The Florida Medicaid Waiver Program, where Medicaid recipients receive Medicaid long-term care services at home or in an ALF, is actually more accurately a service provided by the "Statewide Medicaid Managed Care Long-Term Care Program" (SMMC-LTC).
The home and community (ALF) based Florida medicaid programs have a wait-list and if you are interested in non-nursing home Medicaid services, you should get yourself on this wait list as soon as possible (nursing home Medicaid, in Florida, has no wait list).
Interestingly, you need not qualify for Medicaid's asset and income tests to get onto the wait list.
How to Get on the Florida Medicaid Waiver Wait List
Call your local area agency on aging (AAA). In Miami, the agency is called "Alliance for Aging" in Broward, the agency is called "Aging and Disability Resource Center of Broward County. Every county in Florida is assigned to an Area Agency on Aging (here is a list of Area Agencies on Aging in Florida). This can be done by your elder law attorney as well.
The AAA will take down some preliminary information over the phone and will let you know an approximate time for a follow up phone assessment.
Have a phone assessment. In Miami-Dade, for example, the phone assessment will take place "in a few weeks" - they do not provide an exact day and time. I suggest programming their phone number so you don't accidentally send the call to voicemail. We often advise that someone other than the eventual Medicaid Waiver applicant (if possible) answer the questions.

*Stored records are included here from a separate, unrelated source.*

-- ===== src/Auth.antt =====
-- Who is logged in and what the pages may show: AuthProvider.tsx, RequireAuth of App.tsx,
-- LoginPage.tsx and usePermissions.ts of frontend/src.
pub mod History
pub mod Laws
pub mod Tests
use kafka_ui.Base.{
  Bool, true, false, not, ◌&&◌, ◌||◌, Option, none, some, List, [], ◌∷◌, ◌++◌, any, length, ltb,
  if◌then◌else◌, Text, codes, truthy, text_eq, take,
}
use kafka_ui.Api.Errors.{Settled, resolved, rejected}
use kafka_ui.Api.Auth.{OidcProviderInfo, AuthStatus, AuthUser, LoginRequest, PermissionsResponse}

-- The state of AuthProvider.
pub record Provider : Type 0 where
  pub user : Option AuthUser
  pub status : Option AuthStatus
  pub loading : Bool

abbrev pub initial_provider : Provider
initial_provider = record { user = none; status = none; loading = true }

abbrev pub signed_out : AuthUser
signed_out = record { authenticated = false; email = none; name = none; roles = none }

abbrev pub auth_off : AuthStatus
auth_off = record { enabled = false; types = []; providers = none }

-- The state of LoginPage.
pub record LoginForm : Type 0 where
  pub username : Text
  pub password : Text
  pub error : Text
  pub loading : Bool

abbrev pub initial_form : LoginForm
initial_form = record { username = []; password = []; error = []; loading = false }

-- The session in the browser: the provider, the login page's form, and the login requests under way.
pub record Session : Type 0 where
  pub provider : Provider
  pub form : LoginForm
  pub logins : List LoginRequest

abbrev pub initial_session : Session
initial_session = record { provider = initial_provider; form = initial_form; logins = [] }

-- `Promise.all([api.auth.status(), api.auth.me()])` when it settles, with `finally`.
unfoldable pub load_settles : Provider → Settled (AuthStatus × AuthUser) → Provider
load_settles p (resolved (status, user)) = record p {
  status = some status;
  user = some user;
  loading = false;
}
load_settles p (rejected e) = record p {
  status = some auth_off;
  user = some signed_out;
  loading = false;
}

-- The user's part of `login` and `logout`, past their requests.
abbrev pub set_user : AuthUser → Provider → Provider
set_user u p = record p { user = some u }

abbrev pub is_enabled : Option AuthStatus → Bool
is_enabled none = false
is_enabled (some s) = s.enabled

abbrev pub is_authenticated : Option AuthUser → Bool
is_authenticated none = false
is_authenticated (some u) = u.authenticated

-- What RequireAuth renders.
pub data Screen : Type 0 where
  loading_screen login_screen pages : Screen

unfoldable pub require_auth : Provider → Screen
require_auth p =
    if p.loading
    then loading_screen
    else if not (is_enabled p.status)
    then pages
    else if not (is_authenticated p.user)
    then login_screen
    else pages

-- `showAuth` of Layout.tsx: whether the name and the logout button are shown.
unfoldable pub show_auth : Provider → Bool
show_auth p = is_enabled p.status && is_authenticated p.user

abbrev pub has_text : List Text → Text → Bool
has_text texts t = any (text_eq t) texts

-- useHasAction; `permissions` and `is_loading` are the query's data and flag.
unfoldable pub has_action : Option AuthStatus → Bool → Option PermissionsResponse → Text → Bool
has_action status is_loading permissions action =
    if not (is_enabled status) then true else if is_loading then false else elim permissions [
      | none ↦ false
      | some p ↦
          if not (ltb 0 (length p.actions))
          then false
          else has_text p.actions action || has_text p.actions (codes "*")
    ]

-- `enabled` of the permissions query.
unfoldable pub permissions_asked : Provider → Bool
permissions_asked p = is_authenticated p.user

-- LoginPage
unfoldable pub has_username_password : Option AuthStatus → Bool
has_username_password none = false
has_username_password (some s) = has_text s.types (codes "basic") || has_text s.types (codes "ldap")

abbrev pub providers_of : Option AuthStatus → List OidcProviderInfo
providers_of none = []
providers_of (some s) = elim s.providers [ none ↦ [] | some ps ↦ ps ]

unfoldable pub has_oidc : Option AuthStatus → Bool
has_oidc status = ltb 0 (length (providers_of status))

-- `toUpperCase` is a parameter: its table is Unicode's.
unfoldable pub provider_label : (Text → Text) → OidcProviderInfo → Text
provider_label to_upper_case p =
    let own = to_upper_case (take 1 p.name) ++ elim p.name [ [] ↦ [] | c ∷ rest ↦ rest ] in
    codes "Continue with "
    ++ elim p.display_name [ none ↦ own | some name ↦ if truthy name then name else own ]

abbrev pub bad_login : Text
bad_login = codes "Invalid username or password"

unfoldable pub handle_submit : Session → Session
handle_submit s = record s {
  form = record s.form { error = []; loading = true };
  logins = record { username = s.form.username; password = s.form.password } ∷ s.logins;
}

-- A login page that is no longer rendered loses its state; it starts afresh when it is shown again.
abbrev pub kept_form : Provider → LoginForm → LoginForm
kept_form p f = elim (require_auth p) [ login_screen ↦ f | _ ↦ initial_form ]

-- `handleSubmit` when the login settles: `setUser` runs before `finally`.
unfoldable pub login_settles : Session → Settled AuthUser → Session
unfolding require_auth
login_settles s (resolved u) =
    let p = set_user u s.provider in
    record s { provider = p; form = kept_form p (record s.form { loading = false }); logins = [] }
login_settles s (rejected e) = record s {
  form = record s.form { error = bad_login; loading = false };
  logins = [];
}

pub data Event : Type 0 where
  loaded : Settled (AuthStatus × AuthUser) → Event
  username_typed password_typed : Text → Event
  submitted : Event
  login_settled : Settled AuthUser → Event
  logout_settled : Settled (Unit {0}) → Event

abbrev pub form_shown : Session → Bool
form_shown s = elim (require_auth s.provider) [
  | login_screen ↦ has_username_password s.provider.status
  | _ ↦ false
]

-- The form's button is not disabled, and the browser sees both required fields filled in.
abbrev pub can_submit : Session → Bool
can_submit s =
    form_shown s && not s.form.loading && truthy s.form.username && truthy s.form.password

unfoldable pub act : Session → Event → Session
unfolding load_settles handle_submit login_settles
act s (loaded o) =
    if s.provider.loading then record s { provider = load_settles s.provider o } else s
act s (username_typed v) =
    if form_shown s then record s { form = record s.form { username = v } } else s
act s (password_typed v) =
    if form_shown s then record s { form = record s.form { password = v } } else s
act s submitted = if can_submit s then handle_submit s else s
act s (login_settled o) = elim s.logins [ [] ↦ s | r ∷ rs ↦ login_settles s o ]
act s (logout_settled (resolved u)) = record s { provider = set_user signed_out s.provider }
act s (logout_settled (rejected e)) = s

unfoldable pub run : Session → List Event → Session
run s [] = s
run s (e ∷ es) = run (act s e) es
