-- ===== src/Auth/History.antt =====
-- What AuthProvider.tsx and RequireAuth of App.tsx show after any history of logins and logouts.
use kafka_ui.Base.{
  ◌≡◌, ◌↔◌, refl, sym, ◌∙◌, true, false, some, List, [], ◌∷◌, List-cases, inl, inr, if_elim, arith,
}
use kafka_ui.Api.Errors.{resolved, rejected}
use kafka_ui.Api.Auth.{AuthStatus, AuthUser, LoginRequest}
use kafka_ui.Auth.{
  Session, signed_out, load_settles, login_settles, handle_submit, require_auth, pages, form_shown,
  can_submit, Event, loaded, username_typed, password_typed, submitted, login_settled,
  logout_settled, act, run,
}

-- Whom an event of the history makes the user: a login under way that is granted, the user that it is
-- granted to; a logout that succeeds, nobody; all else, whoever it was.
abbrev pub user_by : List LoginRequest → Event → AuthUser → AuthUser
user_by logins (loaded o) v = v
user_by logins (username_typed t) v = v
user_by logins (password_typed t) v = v
user_by logins submitted v = v
user_by logins (login_settled (resolved u)) v = elim logins [ [] ↦ v | _ ∷ _ ↦ u ]
user_by logins (login_settled (rejected e)) v = v
user_by logins (logout_settled (resolved u)) v = signed_out
user_by logins (logout_settled (rejected e)) v = v

-- Whom a whole history makes the user who was `v` before it.
abbrev pub user_after : Session → List Event → AuthUser → AuthUser
user_after s [] v = v
user_after s (e ∷ es) v = user_after (act s e) es (user_by s.logins e v)

-- The first answers are there, with this status, and the user is this one.
abbrev IsKnown : AuthStatus → AuthUser → Session → Type 0
IsKnown status v s =
    (s.provider.loading ≡ false) × (s.provider.status ≡ some status) × (s.provider.user ≡ some v)

act-IsKnown :
    (status : AuthStatus) (v : AuthUser) (s : Session) (e : Event)
    → IsKnown status v s
    → IsKnown status (user_by s.logins e v) (act s e)
unfolding act handle_submit login_settles
act-IsKnown status v s (loaded o) h =
    if_elim (IsKnown status v) s.provider.loading (λ t. let bad : true ≡ false = sym t ∙ h.0 in cc)
      (λ _. h)
act-IsKnown status v s (username_typed t) h =
    if_elim (IsKnown status v) (form_shown s) (λ _. h) (λ _. h)
act-IsKnown status v s (password_typed t) h =
    if_elim (IsKnown status v) (form_shown s) (λ _. h) (λ _. h)
act-IsKnown status v s submitted h = if_elim (IsKnown status v) (can_submit s) (λ _. h) (λ _. h)
act-IsKnown status v s (login_settled (resolved u)) h = elim (List-cases s.logins) [
  | inl nobody ↦ rw (nobody, act) h
  | inr (r, rs, some_login) ↦ rw (some_login, act) (h.0, h.1, refl)
]
act-IsKnown status v s (login_settled (rejected e)) h = elim (List-cases s.logins) [
  | inl nobody ↦ rw (nobody, act) h
  | inr (r, rs, some_login) ↦ rw (some_login, act) h
]
act-IsKnown status v s (logout_settled (resolved u)) h = (h.0, h.1, refl)
act-IsKnown status v s (logout_settled (rejected e)) h = h

run-IsKnown :
    (status : AuthStatus) (v : AuthUser) (s : Session) (es : List Event)
    → IsKnown status v s
    → IsKnown status (user_after s es v) (run s es)
unfolding run
run-IsKnown status v s [] h = h
run-IsKnown status v s (e ∷ es) h =
    run-IsKnown status (user_by s.logins e v) (act s e) es (act-IsKnown status v s e h)

loaded-IsKnown :
    (s : Session) (status : AuthStatus) (v : AuthUser)
    → s.provider.loading ≡ true
    → IsKnown status v (act s (loaded (resolved (status, v))))
unfolding act load_settles
loaded-IsKnown s status v h = rw (h, act) (refl, refl, refl)

IsKnown-pages_iff :
    (status : AuthStatus) (v : AuthUser) (s : Session)
    → IsKnown status v s
    → status.enabled ≡ true
    → (require_auth s.provider ≡ pages) ↔ (v.authenticated ≡ true)
unfolding require_auth
IsKnown-pages_iff status v s (l, st, u) on = rw (l, st, u, on) (ground arith)

-- When the first answers, which end the loading, say that authentication is on, then after them and
-- any further events loading stays over, the status stays the one of the first answers, and the pages
-- are shown exactly if the user of the history is authenticated: the one of the first answers,
-- replaced by the one of each answer that grants a login under way, and by nobody at each logout that
-- succeeds.
pub run-pages_iff :
    (s : Session) (status : AuthStatus) (v : AuthUser) (es : List Event)
    → s.provider.loading ≡ true
    → status.enabled ≡ true
    → let first = loaded (resolved (status, v)) in
      let p = (run s (first ∷ es)).provider in
      (p.loading ≡ false)
      × (p.status ≡ some status)
      × ((require_auth p ≡ pages) ↔ ((user_after (act s first) es v).authenticated ≡ true))
unfolding run
run-pages_iff s status v es h on =
    let s1 = act s (loaded (resolved (status, v))) in
    let known = run-IsKnown status v s1 es (loaded-IsKnown s status v h) in
    (known.0, known.1, IsKnown-pages_iff status (user_after s1 es v) (run s1 es) known on)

Placement on Medicaid Waiver Wait-List
The purpose of the phone assessment is to get a preliminary idea of the type of care one needs. This is not the time to be proud or to downplay the assistance the eventual Medicaid-applicant needs. Placement on the Medicaid waiver waitlist is not first come, first served. Rather, the more care one needs, the higher on the waitlist they will be placed.
Medicaid Waiver Wait list placement is determined during the screening by the assignment of a priority score. Our law firm spends considerable time with our clients, reviewing the actual questions that will be asked and coaching through how to answer truthfully yet in a way most advantageous to our Medicaid client.
After the phone assessment, you wait.
You may be waiting months.
You wait until your name is called off the Medicaid Waiver wait list.
Interestingly, at this point, you need not actually submit a Medicaid application, and so you need not be technically asset or income Medicaid qualified.
However, all this waiting provides an excellent opportunity to engage a Medicaid planning lawyer to provide the strategies necessary to become Medicaid qualified.
If, while waiting, one's condition deteriorates, you can request a re-assessment to move higher up on the Medicaid wait list.
After Being Called Off the Medicaid Waiver Waitlist
Once your name is called off the wait list, the eventual Medicaid applicant is assigned to a Medicaid benefits counselor, who will coordinate a CARES home visit. You'll also need to get your doctor to sign Form 3008 (valid for one year) verifying that you need long-term care services
This is also the time for you, or your Medicaid planning attorney, to submit your Medicaid Application to DCF, through their online ACCESS portal. Your AAA case worker can also assist you with the actual application.
After the Medicaid application is submitted and you are approved, you will be asked to pick a Medicaid managed care plan in your region with the help of a Choice Counselor at 877-711-3662.
Within five business days of selecting a managed care plan, a case manager from that plan will arrange a visit to review services and come up with a "Care Plan" to prevent nursing home placement for as long as possible. Anyone you choose can be present during the care-planning meeting.
Case managers often can only approve a limited amount of direct care services. If you need more services, including any “medical” services like attendant(nursing) care, ask the case manager whether or not you need a physician prescription and tell the case manager that you would like to submit your request to a higher authority at the managed care plan. Also ask for a notice of denial, if your request is not approved.
A special word about therapies: The Long-Term Care Waiver will provide physical,occupational, speech or respiratory therapies for maintenance, not just“improvement,” with authorizations for at least 6-month intervals.
Your Right to Appeal Service Denials and Reductions.
You have the right to challenge any denial, reduction or termination of services, or any failure to provide services with reasonable promptness. The first step to a challenge is to file an internal appeal with your plan. If that is denied, you can ask for a fair hearing from the Agency for Health Care Administration (AHCA)
If services are reduced or terminated, you can ask for your services to continue pending the appeal or fair hearing. However, you have to ask for this in writing within 10 days of mailing of the notice.
You also have the right to ask for your whole case file, free of charge, including the notes taken by plan staff on contact with you or your providers, and anything that the plan used to make its decision.
How to File a AHCA Complaint
Any Medicaid recipients or authorized representatives can file a complaint with AHCA about problems with a Medicaid managed care plan, including problems getting care or service authorizations, missed services, or inability to find providers. You can call 1-877-254-1055 or file an online complaint here.